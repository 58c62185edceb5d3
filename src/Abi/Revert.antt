-- ===== src/Abi/Revert.antt =====
-- Revert payloads: src/target/std-evm-abi/src/revert.rs.
use rustevm.Base.{ℕ, List, [], ◌∷◌, ◌++◌}
use rustevm.Abi.Word.{U256}
use rustevm.Abi.Tuple.{encode_tuple}
use rustevm.Abi.Value.{to_component, string, u256}

abbrev pub error_selector : List ℕ
error_selector = 0x08 ∷ 0xc3 ∷ 0x79 ∷ 0xa0 ∷ []

abbrev pub panic_selector : List ℕ
panic_selector = 0x4e ∷ 0x48 ∷ 0x7b ∷ 0x71 ∷ []

unfoldable pub encode_error : List ℕ → List ℕ
encode_error reason = error_selector ++ encode_tuple (to_component string reason ∷ [])

unfoldable pub encode_panic : U256 → List ℕ
encode_panic code = panic_selector ++ encode_tuple (to_component u256 code ∷ [])
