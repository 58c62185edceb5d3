-- ===== src/Abi/Value/Bounds.antt =====
-- The lengths of encoded and of accepted inputs: `encode_tuple`, `encode_bytes` and `decode_args` of
-- src/target/std-evm-abi/src/codec.rs.
use rustevm.Base.{
  ℕ, ◌+◌, ◌-◌, ◌*◌, ◌%◌, ◌≤◌, ◌<◌, ◌≡◌, refl, List, [], ◌∷◌, ◌++◌, ◌==◌, length, ok, length-append,
  length-replicate, Bool-cases, inl, inr, ==_iff, arith,
}
use rustevm.Base.Results.{◌>>=◌, >>=-eq-ok}
use rustevm.Abi.Codec.{Decoded, read_word, decode_bytes, encode_bytes, word_from_usize, padding}
use rustevm.Abi.Codec.Stands.{Stands-le}
use rustevm.Abi.Codec.Reads.{length-word_from_usize}
use rustevm.Abi.Codec.Accepts.{read_word-ok, decode_bytes-ok}
use rustevm.Abi.Tuple.{head_size, encode_tuple}
use rustevm.Abi.Tuple.Layout.{tails, heads, length-heads, encode_from_lem}
use rustevm.Abi.Value.{
  AbiType, uint, int, bool, word, u256, address, bytes, string, Value, Values, AllFit, to_component,
  decode, components, decode_args_from, decode_args,
}
use rustevm.Abi.Value.RoundTrip.{head_length-to_component}

module _ (n : ℕ) (input : List ℕ) where
  read_word-within :
      (offset : ℕ) {w : List ℕ} → read_word n input offset ≡ ok w → offset + 32 ≤ length input
  read_word-within offset {w} h =
      let (stands, sized) = read_word-ok n input offset h in omega (arith, Stands-le w stands)

  bind_within :
      {A : Type 0} (offset : ℕ) (k : List ℕ → Decoded A) {a : A}
      → (read_word n input offset >>= k) ≡ ok a
      → offset + 32 ≤ length input
  bind_within offset k h =
      let (w, found, _) = >>=-eq-ok (read_word n input offset) k h in read_word-within offset found

  decode_bytes-within :
      (offset : ℕ) {found : List ℕ}
      → decode_bytes n input offset ≡ ok found
      → offset + 32 ≤ length input
  decode_bytes-within offset h =
      let (slot, _, slot_at, slot_size, _, _, _, _) = decode_bytes-ok n input offset h in
      omega (arith, Stands-le slot slot_at)

  -- A value is decoded from a head slot that lies in the input.
  decode-within :
      (t : AbiType) (offset : ℕ) {v : Value t}
      → decode n t input offset ≡ ok v
      → offset + 32 ≤ length input
  unfolding decode
  decode-within (uint w) offset h = bind_within offset _ h
  decode-within (int w) offset h = bind_within offset _ h
  decode-within bool offset h = bind_within offset _ h
  decode-within word offset h = read_word-within offset h
  decode-within u256 offset h = read_word-within offset h
  decode-within address offset h = bind_within offset _ h
  decode-within bytes offset h = decode_bytes-within offset h
  decode-within string offset h =
      let (found, got, _) = >>=-eq-ok (decode_bytes n input offset) _ h in
      decode_bytes-within offset got

  decode_args_from-within :
      (index : ℕ) (t : AbiType) (ts : List AbiType) {vs : Values (t ∷ ts)}
      → decode_args_from n index (t ∷ ts) input ≡ ok vs
      → 32 * (index + length (t ∷ ts)) ≤ length input
  unfolding decode_args_from
  decode_args_from-within index t [] h =
      let (v, got, _) = >>=-eq-ok (decode n t input (32 * index)) _ h in
      omega (arith, decode-within t (32 * index) got)
  decode_args_from-within index t (u ∷ ts) h =
      let (v, got, rest) = >>=-eq-ok (decode n t input (32 * index)) _ h in
      let (vs, gots, _) = >>=-eq-ok (decode_args_from n (index + 1) (u ∷ ts) input) _ rest in
      omega (arith, decode_args_from-within (index + 1) u ts gots)

-- Arguments are decoded only from calldata that holds a word for each of them: calldata shorter
-- than 32 bytes for each argument type is refused, whatever the types.
pub decode_args-short :
    (n : ℕ) (ts : List AbiType) (calldata : List ℕ)
    → length calldata < 32 * length ts
    → (vs : Values ts) → ¬ (decode_args n ts calldata ≡ ok vs)
unfolding decode_args
decode_args-short n [] calldata short vs h = absurd (omega arith)
decode_args-short n (t ∷ ts) calldata short vs h =
    omega (arith, decode_args_from-within n calldata 0 t ts h)

padding_fills : (b : List ℕ) → (length b + length (padding b)) % 32 ≡ 0
unfolding padding
padding_fills b = elim (Bool-cases (length b % 32 == 0)) [
  | inl whole ↦ rw whole (omega (arith, (==_iff (length b % 32) 0).0 whole))
  | inr part ↦ rw part (omega (arith, length-replicate {A = ℕ} (32 - length b % 32) 0))
]

length-encode_bytes : (b : List ℕ) → length (encode_bytes b) % 32 ≡ 0
unfolding encode_bytes
length-encode_bytes b =
    let word = word_from_usize (length b) in
    omega (
      arith,
      length-append word (b ++ padding b),
      length-append b (padding b),
      length-word_from_usize (length b),
      padding_fills b,
    )

length-tails : (ts : List AbiType) (vs : Values ts) → length (tails (components ts vs)) % 32 ≡ 0
unfolding tails components to_component
length-tails [] vs = refl
length-tails (uint w ∷ ts) (v, vs) = length-tails ts vs
length-tails (int w ∷ ts) (v, vs) = length-tails ts vs
length-tails (bool ∷ ts) (v, vs) = length-tails ts vs
length-tails (word ∷ ts) (v, vs) = length-tails ts vs
length-tails (u256 ∷ ts) (v, vs) = length-tails ts vs
length-tails (address ∷ ts) (v, vs) = length-tails ts vs
length-tails (bytes ∷ ts) (v, vs) = omega (
  arith,
  length-append (encode_bytes v) (tails (components ts vs)),
  length-encode_bytes v,
  length-tails ts vs,
)
length-tails (string ∷ ts) (v, vs) = omega (
  arith,
  length-append (encode_bytes v) (tails (components ts vs)),
  length-encode_bytes v,
  length-tails ts vs,
)

head_size-components :
    (ts : List AbiType) (vs : Values ts)
    → AllFit ts vs
    → head_size (components ts vs) ≡ 32 * length ts
unfolding head_size components
head_size-components [] vs h = refl
head_size-components (t ∷ ts) (v, vs) (h, hs) =
    omega (arith, head_length-to_component t v h, head_size-components ts vs hs)

-- The encoding of any tuple of values that their types hold is a whole number of words, one head
-- word for each value and the tail.
pub encode_tuple-word_aligned :
    (ts : List AbiType) (vs : Values ts)
    → AllFit ts vs
    → (length (encode_tuple (components ts vs)) % 32 ≡ 0)
      × (32 * length ts ≤ length (encode_tuple (components ts vs)))
unfolding encode_tuple
encode_tuple-word_aligned ts vs h =
    let cs = components ts vs in
    let shape = encode_from_lem (head_size cs) [] [] cs in
    rw shape (
      omega (
        arith,
        length-append (heads (head_size cs) 0 cs) (tails cs),
        length-heads (head_size cs) 0 cs,
        head_size-components ts vs h,
        length-tails ts vs,
      ))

» **Task to carry out**:
Recreate the listing word for word, omitting nothing.

» **Written reply**:
repository 58c62185edceb5d3
filename src/Abi/Revert.antt
-- ===== src/Abi/Revert.antt =====
-- Revert payloads: src/target/std-evm-abi/src/revert.rs.
use rustevm.Base.{ℕ, List, [], ◌∷◌, ◌++◌}
use rustevm.Abi.Word.{U256}
use rustevm.Abi.Tuple.{encode_tuple}
use rustevm.Abi.Value.{to_component, string, u256}

abbrev pub error_selector : List ℕ
error_selector = 0x08 ∷ 0xc3 ∷ 0x79 ∷ 0xa0 ∷ []

abbrev pub panic_selector : List ℕ
panic_selector = 0x4e ∷ 0x48 ∷ 0x7b ∷ 0x71 ∷ []

unfoldable pub encode_error : List ℕ → List ℕ
encode_error reason = error_selector ++ encode_tuple (to_component string reason ∷ [])

unfoldable pub encode_panic : U256 → List ℕ
encode_panic code = panic_selector ++ encode_tuple (to_component u256 code ∷ [])
repository 58c62185edceb5d3
-- ===== src/Abi/Value/Bounds.antt =====
-- The lengths of encoded and of accepted inputs: `encode_tuple`, `encode_bytes` and `decode_args` of
-- src/target/std-evm-abi/src/codec.rs.
use rustevm.Base.{
  ℕ, ◌+◌, ◌-◌, ◌*◌, ◌%◌, ◌≤◌, ◌<◌, ◌≡◌, refl, List, [], ◌∷◌, ◌++◌, ◌==◌, length, ok, length-append,
  length-replicate, Bool-cases, inl, inr, ==_iff, arith,
}
use rustevm.Base.Results.{◌>>=◌, >>=-eq-ok}
use rustevm.Abi.Codec.{Decoded, read_word, decode_bytes, encode_bytes, word_from_usize, padding}
use rustevm.Abi.Codec.Stands.{Stands-le}
use rustevm.Abi.Codec.Reads.{length-word_from_usize}
use rustevm.Abi.Codec.Accepts.{read_word-ok, decode_bytes-ok}
use rustevm.Abi.Tuple.{head_size, encode_tuple}
use rustevm.Abi.Tuple.Layout.{tails, heads, length-heads, encode_from_lem}
use rustevm.Abi.Value.{
  AbiType, uint, int, bool, word, u256, address, bytes, string, Value, Values, AllFit, to_component,
  decode, components, decode_args_from, decode_args,
}
use rustevm.Abi.Value.RoundTrip.{head_length-to_component}

module _ (n : ℕ) (input : List ℕ) where
  read_word-within :
      (offset : ℕ) {w : List ℕ} → read_word n input offset ≡ ok w → offset + 32 ≤ length input
  read_word-within offset {w} h =
      let (stands, sized) = read_word-ok n input offset h in omega (arith, Stands-le w stands)

  bind_within :
      {A : Type 0} (offset : ℕ) (k : List ℕ → Decoded A) {a : A}
      → (read_word n input offset >>= k) ≡ ok a
      → offset + 32 ≤ length input
  bind_within offset k h =
      let (w, found, _) = >>=-eq-ok (read_word n input offset) k h in read_word-within offset found

  decode_bytes-within :
      (offset : ℕ) {found : List ℕ}
      → decode_bytes n input offset ≡ ok found
      → offset + 32 ≤ length input
  decode_bytes-within offset h =
      let (slot, _, slot_at, slot_size, _, _, _, _) = decode_bytes-ok n input offset h in
      omega (arith, Stands-le slot slot_at)

  -- A value is decoded from a head slot that lies in the input.
  decode-within :
      (t : AbiType) (offset : ℕ) {v : Value t}
      → decode n t input offset ≡ ok v
      → offset + 32 ≤ length input
  unfolding decode
  decode-within (uint w) offset h = bind_within offset _ h
  decode-within (int w) offset h = bind_within offset _ h
  decode-within bool offset h = bind_within offset _ h
  decode-within word offset h = read_word-within offset h
  decode-within u256 offset h = read_word-within offset h
  decode-within address offset h = bind_within offset _ h
  decode-within bytes offset h = decode_bytes-within offset h
  decode-within string offset h =
      let (found, got, _) = >>=-eq-ok (decode_bytes n input offset) _ h in
      decode_bytes-within offset got

  decode_args_from-within :
      (index : ℕ) (t : AbiType) (ts : List AbiType) {vs : Values (t ∷ ts)}
      → decode_args_from n index (t ∷ ts) input ≡ ok vs
      → 32 * (index + length (t ∷ ts)) ≤ length input
  unfolding decode_args_from
  decode_args_from-within index t [] h =
      let (v, got, _) = >>=-eq-ok (decode n t input (32 * index)) _ h in
      omega (arith, decode-within t (32 * index) got)
  decode_args_from-within index t (u ∷ ts) h =
      let (v, got, rest) = >>=-eq-ok (decode n t input (32 * index)) _ h in
      let (vs, gots, _) = >>=-eq-ok (decode_args_from n (index + 1) (u ∷ ts) input) _ rest in
      omega (arith, decode_args_from-within (index + 1) u ts gots)

-- Arguments are decoded only from calldata that holds a word for each of them: calldata shorter
-- than 32 bytes for each argument type is refused, whatever the types.
pub decode_args-short :
    (n : ℕ) (ts : List AbiType) (calldata : List ℕ)
    → length calldata < 32 * length ts
    → (vs : Values ts) → ¬ (decode_args n ts calldata ≡ ok vs)
unfolding decode_args
decode_args-short n [] calldata short vs h = absurd (omega arith)
decode_args-short n (t ∷ ts) calldata short vs h =
    omega (arith, decode_args_from-within n calldata 0 t ts h)

padding_fills : (b : List ℕ) → (length b + length (padding b)) % 32 ≡ 0
unfolding padding
padding_fills b = elim (Bool-cases (length b % 32 == 0)) [
  | inl whole ↦ rw whole (omega (arith, (==_iff (length b % 32) 0).0 whole))
  | inr part ↦ rw part (omega (arith, length-replicate {A = ℕ} (32 - length b % 32) 0))
]

length-encode_bytes : (b : List ℕ) → length (encode_bytes b) % 32 ≡ 0
unfolding encode_bytes
length-encode_bytes b =
    let word = word_from_usize (length b) in
    omega (
      arith,
      length-append word (b ++ padding b),
      length-append b (padding b),
      length-word_from_usize (length b),
      padding_fills b,
    )

length-tails : (ts : List AbiType) (vs : Values ts) → length (tails (components ts vs)) % 32 ≡ 0
unfolding tails components to_component
length-tails [] vs = refl
length-tails (uint w ∷ ts) (v, vs) = length-tails ts vs
length-tails (int w ∷ ts) (v, vs) = length-tails ts vs
length-tails (bool ∷ ts) (v, vs) = length-tails ts vs
length-tails (word ∷ ts) (v, vs) = length-tails ts vs
length-tails (u256 ∷ ts) (v, vs) = length-tails ts vs
length-tails (address ∷ ts) (v, vs) = length-tails ts vs
length-tails (bytes ∷ ts) (v, vs) = omega (
  arith,
  length-append (encode_bytes v) (tails (components ts vs)),
  length-encode_bytes v,
  length-tails ts vs,
)
length-tails (string ∷ ts) (v, vs) = omega (
  arith,
  length-append (encode_bytes v) (tails (components ts vs)),
  length-encode_bytes v,
  length-tails ts vs,
)

head_size-components :
    (ts : List AbiType) (vs : Values ts)
    → AllFit ts vs
    → head_size (components ts vs) ≡ 32 * length ts
unfolding head_size components
head_size-components [] vs h = refl
head_size-components (t ∷ ts) (v, vs) (h, hs) =
    omega (arith, head_length-to_component t v h, head_size-components ts vs hs)

-- The encoding of any tuple of values that their types hold is a whole number of words, one head
-- word for each value and the tail.
pub encode_tuple-word_aligned :
    (ts : List AbiType) (vs : Values ts)
    → AllFit ts vs
    → (length (encode_tuple (components ts vs)) % 32 ≡ 0)
      × (32 * length ts ≤ length (encode_tuple (components ts vs)))
unfolding encode_tuple
encode_tuple-word_aligned ts vs h =
    let cs = components ts vs in
    let shape = encode_from_lem (head_size cs) [] [] cs in
    rw shape (
      omega (
        arith,
        length-append (heads (head_size cs) 0 cs) (tails cs),
        length-heads (head_size cs) 0 cs,
        head_size-components ts vs h,
        length-tails ts vs,
      ))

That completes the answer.